TRY IT -> Your task is to copy the stretch of lines in the records below that begins with the line containing "-- a block that succeeds" and ends with the line containing "k = k x refl h", exactly as written, with nothing added.

Source records
- Opening Delimiter -
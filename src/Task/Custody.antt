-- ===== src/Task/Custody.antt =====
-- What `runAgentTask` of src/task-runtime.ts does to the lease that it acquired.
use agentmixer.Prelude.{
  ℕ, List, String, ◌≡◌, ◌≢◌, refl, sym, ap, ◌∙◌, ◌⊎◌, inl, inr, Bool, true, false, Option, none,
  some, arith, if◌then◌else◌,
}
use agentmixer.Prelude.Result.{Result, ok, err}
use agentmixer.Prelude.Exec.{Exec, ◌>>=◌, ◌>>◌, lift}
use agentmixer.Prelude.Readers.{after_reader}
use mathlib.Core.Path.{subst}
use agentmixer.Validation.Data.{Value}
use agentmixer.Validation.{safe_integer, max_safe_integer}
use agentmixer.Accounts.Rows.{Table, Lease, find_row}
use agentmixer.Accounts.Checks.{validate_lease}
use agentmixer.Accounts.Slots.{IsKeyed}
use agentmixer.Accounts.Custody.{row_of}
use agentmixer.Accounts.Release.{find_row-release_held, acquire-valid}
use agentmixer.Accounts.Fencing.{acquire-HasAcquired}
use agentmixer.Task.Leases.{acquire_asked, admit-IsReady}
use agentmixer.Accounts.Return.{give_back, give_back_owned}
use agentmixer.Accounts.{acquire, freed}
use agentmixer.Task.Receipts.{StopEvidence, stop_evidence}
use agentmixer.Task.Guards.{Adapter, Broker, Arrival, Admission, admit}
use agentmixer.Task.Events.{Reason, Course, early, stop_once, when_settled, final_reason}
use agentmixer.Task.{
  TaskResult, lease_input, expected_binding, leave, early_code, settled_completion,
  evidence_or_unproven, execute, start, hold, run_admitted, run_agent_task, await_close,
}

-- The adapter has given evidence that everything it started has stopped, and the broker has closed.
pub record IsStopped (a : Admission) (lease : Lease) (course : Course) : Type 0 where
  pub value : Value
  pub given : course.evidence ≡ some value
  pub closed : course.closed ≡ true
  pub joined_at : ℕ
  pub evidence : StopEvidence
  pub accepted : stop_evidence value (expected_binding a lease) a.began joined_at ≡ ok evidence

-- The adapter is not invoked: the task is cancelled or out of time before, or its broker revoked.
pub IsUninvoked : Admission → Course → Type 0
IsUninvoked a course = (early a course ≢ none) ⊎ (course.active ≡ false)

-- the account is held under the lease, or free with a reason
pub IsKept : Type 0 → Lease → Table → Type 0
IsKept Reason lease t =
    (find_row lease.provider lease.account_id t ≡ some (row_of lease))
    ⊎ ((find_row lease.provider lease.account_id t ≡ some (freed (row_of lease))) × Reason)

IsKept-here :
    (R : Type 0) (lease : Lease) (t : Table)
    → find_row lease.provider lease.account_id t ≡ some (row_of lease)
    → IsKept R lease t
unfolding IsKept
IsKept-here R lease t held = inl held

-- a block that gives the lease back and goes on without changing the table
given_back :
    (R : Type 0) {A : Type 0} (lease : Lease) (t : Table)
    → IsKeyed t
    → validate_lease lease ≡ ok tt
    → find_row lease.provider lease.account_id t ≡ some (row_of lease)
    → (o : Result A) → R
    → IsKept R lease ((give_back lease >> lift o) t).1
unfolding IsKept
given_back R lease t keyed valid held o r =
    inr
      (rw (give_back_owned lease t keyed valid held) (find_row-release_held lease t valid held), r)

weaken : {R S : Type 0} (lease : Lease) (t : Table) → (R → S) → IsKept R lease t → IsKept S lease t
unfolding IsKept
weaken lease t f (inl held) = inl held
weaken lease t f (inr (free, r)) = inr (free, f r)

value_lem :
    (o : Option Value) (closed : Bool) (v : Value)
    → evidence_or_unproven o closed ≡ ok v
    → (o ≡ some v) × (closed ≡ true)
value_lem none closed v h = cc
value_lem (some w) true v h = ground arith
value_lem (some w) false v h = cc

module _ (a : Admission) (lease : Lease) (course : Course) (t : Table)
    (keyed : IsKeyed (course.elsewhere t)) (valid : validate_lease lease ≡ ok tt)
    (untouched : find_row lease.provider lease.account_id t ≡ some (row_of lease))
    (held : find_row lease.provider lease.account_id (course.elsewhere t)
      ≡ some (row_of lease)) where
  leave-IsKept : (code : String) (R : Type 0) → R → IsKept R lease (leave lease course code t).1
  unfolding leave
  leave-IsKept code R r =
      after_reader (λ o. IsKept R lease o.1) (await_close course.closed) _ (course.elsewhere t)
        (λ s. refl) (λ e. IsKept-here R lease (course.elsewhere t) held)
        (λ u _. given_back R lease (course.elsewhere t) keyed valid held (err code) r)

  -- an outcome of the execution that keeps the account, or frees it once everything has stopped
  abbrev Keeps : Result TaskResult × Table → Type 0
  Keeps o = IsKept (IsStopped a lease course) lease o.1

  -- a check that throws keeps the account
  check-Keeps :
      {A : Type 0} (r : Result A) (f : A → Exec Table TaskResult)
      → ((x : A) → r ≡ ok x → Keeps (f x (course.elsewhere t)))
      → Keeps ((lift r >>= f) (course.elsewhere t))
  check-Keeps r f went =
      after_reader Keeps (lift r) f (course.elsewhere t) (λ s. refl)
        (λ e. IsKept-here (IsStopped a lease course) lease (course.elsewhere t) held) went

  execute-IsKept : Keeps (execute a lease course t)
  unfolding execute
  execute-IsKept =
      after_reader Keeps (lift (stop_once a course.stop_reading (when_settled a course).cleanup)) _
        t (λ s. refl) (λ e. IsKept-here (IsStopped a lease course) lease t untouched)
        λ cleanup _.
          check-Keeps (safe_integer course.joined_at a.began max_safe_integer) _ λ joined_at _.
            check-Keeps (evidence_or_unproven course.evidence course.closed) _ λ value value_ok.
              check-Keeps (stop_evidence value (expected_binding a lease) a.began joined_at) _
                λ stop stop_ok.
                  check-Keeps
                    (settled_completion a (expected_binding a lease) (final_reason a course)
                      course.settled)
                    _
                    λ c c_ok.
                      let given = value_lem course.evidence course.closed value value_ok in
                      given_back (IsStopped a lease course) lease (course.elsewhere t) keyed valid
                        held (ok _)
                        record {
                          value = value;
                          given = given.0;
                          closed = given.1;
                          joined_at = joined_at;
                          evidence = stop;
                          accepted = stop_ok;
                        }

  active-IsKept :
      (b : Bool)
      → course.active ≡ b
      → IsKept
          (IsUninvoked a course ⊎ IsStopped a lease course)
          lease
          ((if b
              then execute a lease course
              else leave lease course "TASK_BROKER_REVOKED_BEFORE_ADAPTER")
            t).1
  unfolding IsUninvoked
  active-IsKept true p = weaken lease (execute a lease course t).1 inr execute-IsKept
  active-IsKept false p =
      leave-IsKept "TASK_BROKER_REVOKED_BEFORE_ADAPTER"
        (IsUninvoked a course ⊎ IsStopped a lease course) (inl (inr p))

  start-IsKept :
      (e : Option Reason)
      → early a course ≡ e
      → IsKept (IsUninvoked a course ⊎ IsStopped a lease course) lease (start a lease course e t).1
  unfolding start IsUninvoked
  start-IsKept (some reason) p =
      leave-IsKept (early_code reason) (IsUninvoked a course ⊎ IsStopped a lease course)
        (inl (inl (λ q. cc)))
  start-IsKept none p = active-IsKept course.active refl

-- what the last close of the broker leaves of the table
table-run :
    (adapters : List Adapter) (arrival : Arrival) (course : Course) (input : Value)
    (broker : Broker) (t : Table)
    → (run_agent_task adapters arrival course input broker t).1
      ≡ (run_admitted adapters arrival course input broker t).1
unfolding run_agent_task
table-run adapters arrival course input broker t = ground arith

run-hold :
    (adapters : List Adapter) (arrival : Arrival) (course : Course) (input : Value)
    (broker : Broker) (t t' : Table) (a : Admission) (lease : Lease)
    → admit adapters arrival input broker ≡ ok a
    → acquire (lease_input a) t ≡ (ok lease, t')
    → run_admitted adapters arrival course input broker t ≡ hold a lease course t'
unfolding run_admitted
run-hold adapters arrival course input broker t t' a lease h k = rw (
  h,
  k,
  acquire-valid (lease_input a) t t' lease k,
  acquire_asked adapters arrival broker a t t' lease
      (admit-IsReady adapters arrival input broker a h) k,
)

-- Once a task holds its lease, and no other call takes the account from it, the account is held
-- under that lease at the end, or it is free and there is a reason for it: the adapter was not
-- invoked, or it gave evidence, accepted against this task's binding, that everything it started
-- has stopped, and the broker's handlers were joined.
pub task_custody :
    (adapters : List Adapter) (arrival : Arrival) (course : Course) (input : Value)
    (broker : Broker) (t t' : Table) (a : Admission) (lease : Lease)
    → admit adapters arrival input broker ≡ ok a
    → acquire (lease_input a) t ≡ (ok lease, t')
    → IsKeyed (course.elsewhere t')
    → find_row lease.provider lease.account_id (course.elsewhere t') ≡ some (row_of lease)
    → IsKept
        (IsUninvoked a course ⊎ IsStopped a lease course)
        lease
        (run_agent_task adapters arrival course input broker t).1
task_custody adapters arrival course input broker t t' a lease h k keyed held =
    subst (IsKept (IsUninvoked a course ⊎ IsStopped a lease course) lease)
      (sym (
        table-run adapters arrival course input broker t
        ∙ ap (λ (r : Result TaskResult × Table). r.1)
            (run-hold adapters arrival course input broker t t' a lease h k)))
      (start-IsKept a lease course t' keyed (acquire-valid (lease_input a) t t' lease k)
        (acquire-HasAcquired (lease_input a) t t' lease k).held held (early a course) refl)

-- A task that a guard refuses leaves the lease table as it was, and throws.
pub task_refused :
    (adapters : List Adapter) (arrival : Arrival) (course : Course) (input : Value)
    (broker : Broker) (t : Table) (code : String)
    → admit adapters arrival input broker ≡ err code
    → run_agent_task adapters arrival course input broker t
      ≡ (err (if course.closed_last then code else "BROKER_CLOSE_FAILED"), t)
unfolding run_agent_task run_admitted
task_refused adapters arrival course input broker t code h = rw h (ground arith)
- Closing Delimiter -
- Opening Delimiter -
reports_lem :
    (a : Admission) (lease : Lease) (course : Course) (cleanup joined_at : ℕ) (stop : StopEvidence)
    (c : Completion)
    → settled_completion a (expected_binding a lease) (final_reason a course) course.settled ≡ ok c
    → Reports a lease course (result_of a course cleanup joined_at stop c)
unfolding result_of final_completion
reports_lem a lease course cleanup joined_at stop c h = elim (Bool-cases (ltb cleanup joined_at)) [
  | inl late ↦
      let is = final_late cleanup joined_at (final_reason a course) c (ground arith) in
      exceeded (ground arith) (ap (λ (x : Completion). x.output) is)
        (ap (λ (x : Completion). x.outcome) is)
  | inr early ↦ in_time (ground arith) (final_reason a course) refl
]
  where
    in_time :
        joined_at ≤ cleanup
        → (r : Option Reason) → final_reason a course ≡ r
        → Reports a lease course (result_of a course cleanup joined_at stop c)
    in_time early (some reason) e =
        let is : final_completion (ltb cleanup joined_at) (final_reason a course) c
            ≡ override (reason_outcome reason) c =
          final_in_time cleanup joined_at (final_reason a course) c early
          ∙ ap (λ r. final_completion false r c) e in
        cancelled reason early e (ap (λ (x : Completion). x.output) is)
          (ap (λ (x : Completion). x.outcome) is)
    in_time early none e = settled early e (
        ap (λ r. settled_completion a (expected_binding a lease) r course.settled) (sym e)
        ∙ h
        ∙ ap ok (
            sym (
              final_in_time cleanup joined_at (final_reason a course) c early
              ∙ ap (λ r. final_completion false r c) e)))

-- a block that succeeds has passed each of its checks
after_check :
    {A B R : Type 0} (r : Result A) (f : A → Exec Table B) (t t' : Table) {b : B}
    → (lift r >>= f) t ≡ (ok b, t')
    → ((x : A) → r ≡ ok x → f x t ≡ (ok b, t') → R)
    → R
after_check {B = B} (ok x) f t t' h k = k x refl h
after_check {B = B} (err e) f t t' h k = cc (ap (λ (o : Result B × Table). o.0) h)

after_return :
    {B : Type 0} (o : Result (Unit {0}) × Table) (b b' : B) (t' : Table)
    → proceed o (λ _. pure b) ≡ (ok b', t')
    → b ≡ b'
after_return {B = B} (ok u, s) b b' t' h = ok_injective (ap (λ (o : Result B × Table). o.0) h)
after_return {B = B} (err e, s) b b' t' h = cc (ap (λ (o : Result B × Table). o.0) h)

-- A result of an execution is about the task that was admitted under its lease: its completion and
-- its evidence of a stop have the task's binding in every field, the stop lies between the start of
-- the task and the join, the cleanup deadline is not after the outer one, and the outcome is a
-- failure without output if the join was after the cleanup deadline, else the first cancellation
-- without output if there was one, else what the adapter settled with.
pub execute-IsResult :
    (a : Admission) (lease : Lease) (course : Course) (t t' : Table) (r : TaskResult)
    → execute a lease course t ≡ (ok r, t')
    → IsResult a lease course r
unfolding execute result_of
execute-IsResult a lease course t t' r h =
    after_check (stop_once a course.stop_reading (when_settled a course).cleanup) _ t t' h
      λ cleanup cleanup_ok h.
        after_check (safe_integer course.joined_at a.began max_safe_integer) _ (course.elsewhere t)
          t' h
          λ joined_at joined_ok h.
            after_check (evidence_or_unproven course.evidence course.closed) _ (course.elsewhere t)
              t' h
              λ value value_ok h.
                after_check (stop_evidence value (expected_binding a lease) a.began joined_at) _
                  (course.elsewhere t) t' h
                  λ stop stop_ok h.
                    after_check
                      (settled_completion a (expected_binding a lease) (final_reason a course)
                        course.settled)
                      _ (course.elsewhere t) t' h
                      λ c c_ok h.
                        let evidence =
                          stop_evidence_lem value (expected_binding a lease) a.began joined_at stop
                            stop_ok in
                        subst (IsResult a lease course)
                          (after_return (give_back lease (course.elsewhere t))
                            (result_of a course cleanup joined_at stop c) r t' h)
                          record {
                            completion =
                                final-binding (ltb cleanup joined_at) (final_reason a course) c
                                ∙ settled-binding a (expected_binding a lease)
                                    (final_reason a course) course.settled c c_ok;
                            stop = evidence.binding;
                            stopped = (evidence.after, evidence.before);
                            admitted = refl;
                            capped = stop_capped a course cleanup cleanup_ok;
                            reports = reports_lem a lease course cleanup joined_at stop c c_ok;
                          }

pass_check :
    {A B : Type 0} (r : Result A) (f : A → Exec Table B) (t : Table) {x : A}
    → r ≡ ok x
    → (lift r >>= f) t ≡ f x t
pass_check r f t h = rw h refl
- Closing Delimiter -
OUTPUT BELOW ->
-- a block that succeeds has passed each of its checks
after_check :
    {A B R : Type 0} (r : Result A) (f : A → Exec Table B) (t t' : Table) {b : B}
    → (lift r >>= f) t ≡ (ok b, t')
    → ((x : A) → r ≡ ok x → f x t ≡ (ok b, t') → R)
    → R
after_check {B = B} (ok x) f t t' h k = k x refl h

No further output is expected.